**EXTRACTED INFORMATION**
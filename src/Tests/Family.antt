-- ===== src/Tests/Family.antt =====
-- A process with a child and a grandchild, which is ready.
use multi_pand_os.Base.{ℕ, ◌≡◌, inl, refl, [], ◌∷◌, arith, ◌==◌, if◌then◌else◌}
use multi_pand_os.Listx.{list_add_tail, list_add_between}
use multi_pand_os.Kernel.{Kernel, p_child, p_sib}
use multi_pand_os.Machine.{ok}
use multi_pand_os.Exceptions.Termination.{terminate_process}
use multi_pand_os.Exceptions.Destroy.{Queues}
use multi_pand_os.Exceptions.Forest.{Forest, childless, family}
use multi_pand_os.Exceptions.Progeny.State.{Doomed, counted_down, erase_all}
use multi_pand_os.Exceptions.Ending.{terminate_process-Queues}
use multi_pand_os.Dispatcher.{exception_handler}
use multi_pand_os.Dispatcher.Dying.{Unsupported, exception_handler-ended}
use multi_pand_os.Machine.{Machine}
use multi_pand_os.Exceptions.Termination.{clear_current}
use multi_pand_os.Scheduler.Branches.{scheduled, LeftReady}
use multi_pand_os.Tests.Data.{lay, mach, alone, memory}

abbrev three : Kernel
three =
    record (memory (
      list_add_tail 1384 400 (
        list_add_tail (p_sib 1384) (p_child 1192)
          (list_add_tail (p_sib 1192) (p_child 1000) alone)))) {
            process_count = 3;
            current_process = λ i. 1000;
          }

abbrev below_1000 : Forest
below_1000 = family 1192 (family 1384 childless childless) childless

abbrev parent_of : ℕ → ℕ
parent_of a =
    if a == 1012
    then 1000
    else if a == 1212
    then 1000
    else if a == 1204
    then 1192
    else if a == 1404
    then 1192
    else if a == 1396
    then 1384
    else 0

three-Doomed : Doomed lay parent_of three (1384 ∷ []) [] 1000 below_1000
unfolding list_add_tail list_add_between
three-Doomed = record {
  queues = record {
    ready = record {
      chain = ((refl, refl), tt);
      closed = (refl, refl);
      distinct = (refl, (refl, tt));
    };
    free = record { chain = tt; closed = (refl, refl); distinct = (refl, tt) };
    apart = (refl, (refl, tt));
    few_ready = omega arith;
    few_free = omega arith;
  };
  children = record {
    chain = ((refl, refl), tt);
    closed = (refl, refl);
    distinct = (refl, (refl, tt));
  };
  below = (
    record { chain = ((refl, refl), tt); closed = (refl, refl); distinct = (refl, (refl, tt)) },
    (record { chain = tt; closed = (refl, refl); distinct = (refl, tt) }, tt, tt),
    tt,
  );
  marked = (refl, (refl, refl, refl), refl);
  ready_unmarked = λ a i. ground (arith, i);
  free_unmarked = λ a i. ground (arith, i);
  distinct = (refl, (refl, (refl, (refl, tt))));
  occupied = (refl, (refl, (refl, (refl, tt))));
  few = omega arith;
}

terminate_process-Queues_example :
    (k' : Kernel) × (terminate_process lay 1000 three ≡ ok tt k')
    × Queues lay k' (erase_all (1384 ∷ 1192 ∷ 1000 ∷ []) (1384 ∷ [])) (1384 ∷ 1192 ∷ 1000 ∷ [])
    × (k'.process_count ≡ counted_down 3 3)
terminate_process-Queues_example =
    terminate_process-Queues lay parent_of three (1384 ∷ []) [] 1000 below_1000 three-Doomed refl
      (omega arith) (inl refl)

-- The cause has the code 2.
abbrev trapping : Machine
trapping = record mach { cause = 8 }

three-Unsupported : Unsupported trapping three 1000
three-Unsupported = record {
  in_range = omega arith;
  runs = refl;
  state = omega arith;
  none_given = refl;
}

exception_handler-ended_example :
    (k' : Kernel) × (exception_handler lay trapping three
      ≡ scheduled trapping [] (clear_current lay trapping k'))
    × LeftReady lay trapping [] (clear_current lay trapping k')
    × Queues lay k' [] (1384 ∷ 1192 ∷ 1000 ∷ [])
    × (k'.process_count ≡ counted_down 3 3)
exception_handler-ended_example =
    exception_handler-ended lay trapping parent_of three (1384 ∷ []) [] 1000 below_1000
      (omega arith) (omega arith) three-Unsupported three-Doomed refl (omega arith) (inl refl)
==
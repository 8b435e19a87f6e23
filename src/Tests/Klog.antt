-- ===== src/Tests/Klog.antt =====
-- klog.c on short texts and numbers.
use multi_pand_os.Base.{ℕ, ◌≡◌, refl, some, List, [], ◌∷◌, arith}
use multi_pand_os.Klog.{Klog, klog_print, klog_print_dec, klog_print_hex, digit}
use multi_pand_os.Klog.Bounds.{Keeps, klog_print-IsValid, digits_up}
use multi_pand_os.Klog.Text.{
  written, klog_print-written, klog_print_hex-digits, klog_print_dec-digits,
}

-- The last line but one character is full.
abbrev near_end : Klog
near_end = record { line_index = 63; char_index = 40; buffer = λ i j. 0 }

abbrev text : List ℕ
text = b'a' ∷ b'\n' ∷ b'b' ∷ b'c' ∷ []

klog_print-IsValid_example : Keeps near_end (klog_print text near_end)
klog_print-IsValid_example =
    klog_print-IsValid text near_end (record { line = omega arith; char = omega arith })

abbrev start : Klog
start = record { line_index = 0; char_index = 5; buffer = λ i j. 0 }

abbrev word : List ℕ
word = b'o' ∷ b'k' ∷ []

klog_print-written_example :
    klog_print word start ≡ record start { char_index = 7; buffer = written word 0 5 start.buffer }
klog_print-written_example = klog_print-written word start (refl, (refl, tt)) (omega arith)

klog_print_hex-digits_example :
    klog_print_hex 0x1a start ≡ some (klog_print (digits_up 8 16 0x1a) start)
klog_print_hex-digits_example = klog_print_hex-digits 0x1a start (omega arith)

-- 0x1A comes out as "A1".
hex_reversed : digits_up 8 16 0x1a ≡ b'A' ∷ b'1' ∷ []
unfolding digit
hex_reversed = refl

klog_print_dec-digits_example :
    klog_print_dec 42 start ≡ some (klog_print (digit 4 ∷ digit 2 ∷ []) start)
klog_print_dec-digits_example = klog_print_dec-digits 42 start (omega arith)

**EXERCISE**
Starting with the line with "filename src/Tests/Family.antt" above and going on through the line with "else if a == 1212", transcribe every line exactly, both ends included, and add nothing.

**REPLY TO THE TASK**
filename src/Tests/Family.antt
-- ===== src/Tests/Family.antt =====
-- A process with a child and a grandchild, which is ready.
use multi_pand_os.Base.{ℕ, ◌≡◌, inl, refl, [], ◌∷◌, arith, ◌==◌, if◌then◌else◌}
use multi_pand_os.Listx.{list_add_tail, list_add_between}
use multi_pand_os.Kernel.{Kernel, p_child, p_sib}
use multi_pand_os.Machine.{ok}
use multi_pand_os.Exceptions.Termination.{terminate_process}
use multi_pand_os.Exceptions.Destroy.{Queues}
use multi_pand_os.Exceptions.Forest.{Forest, childless, family}
use multi_pand_os.Exceptions.Progeny.State.{Doomed, counted_down, erase_all}
use multi_pand_os.Exceptions.Ending.{terminate_process-Queues}
use multi_pand_os.Dispatcher.{exception_handler}
use multi_pand_os.Dispatcher.Dying.{Unsupported, exception_handler-ended}
use multi_pand_os.Machine.{Machine}
use multi_pand_os.Exceptions.Termination.{clear_current}
use multi_pand_os.Scheduler.Branches.{scheduled, LeftReady}
use multi_pand_os.Tests.Data.{lay, mach, alone, memory}

abbrev three : Kernel
three =
    record (memory (
      list_add_tail 1384 400 (
        list_add_tail (p_sib 1384) (p_child 1192)
          (list_add_tail (p_sib 1192) (p_child 1000) alone)))) {
            process_count = 3;
            current_process = λ i. 1000;
          }

abbrev below_1000 : Forest
below_1000 = family 1192 (family 1384 childless childless) childless

abbrev parent_of : ℕ → ℕ
parent_of a =
    if a == 1012
    then 1000
    else if a == 1212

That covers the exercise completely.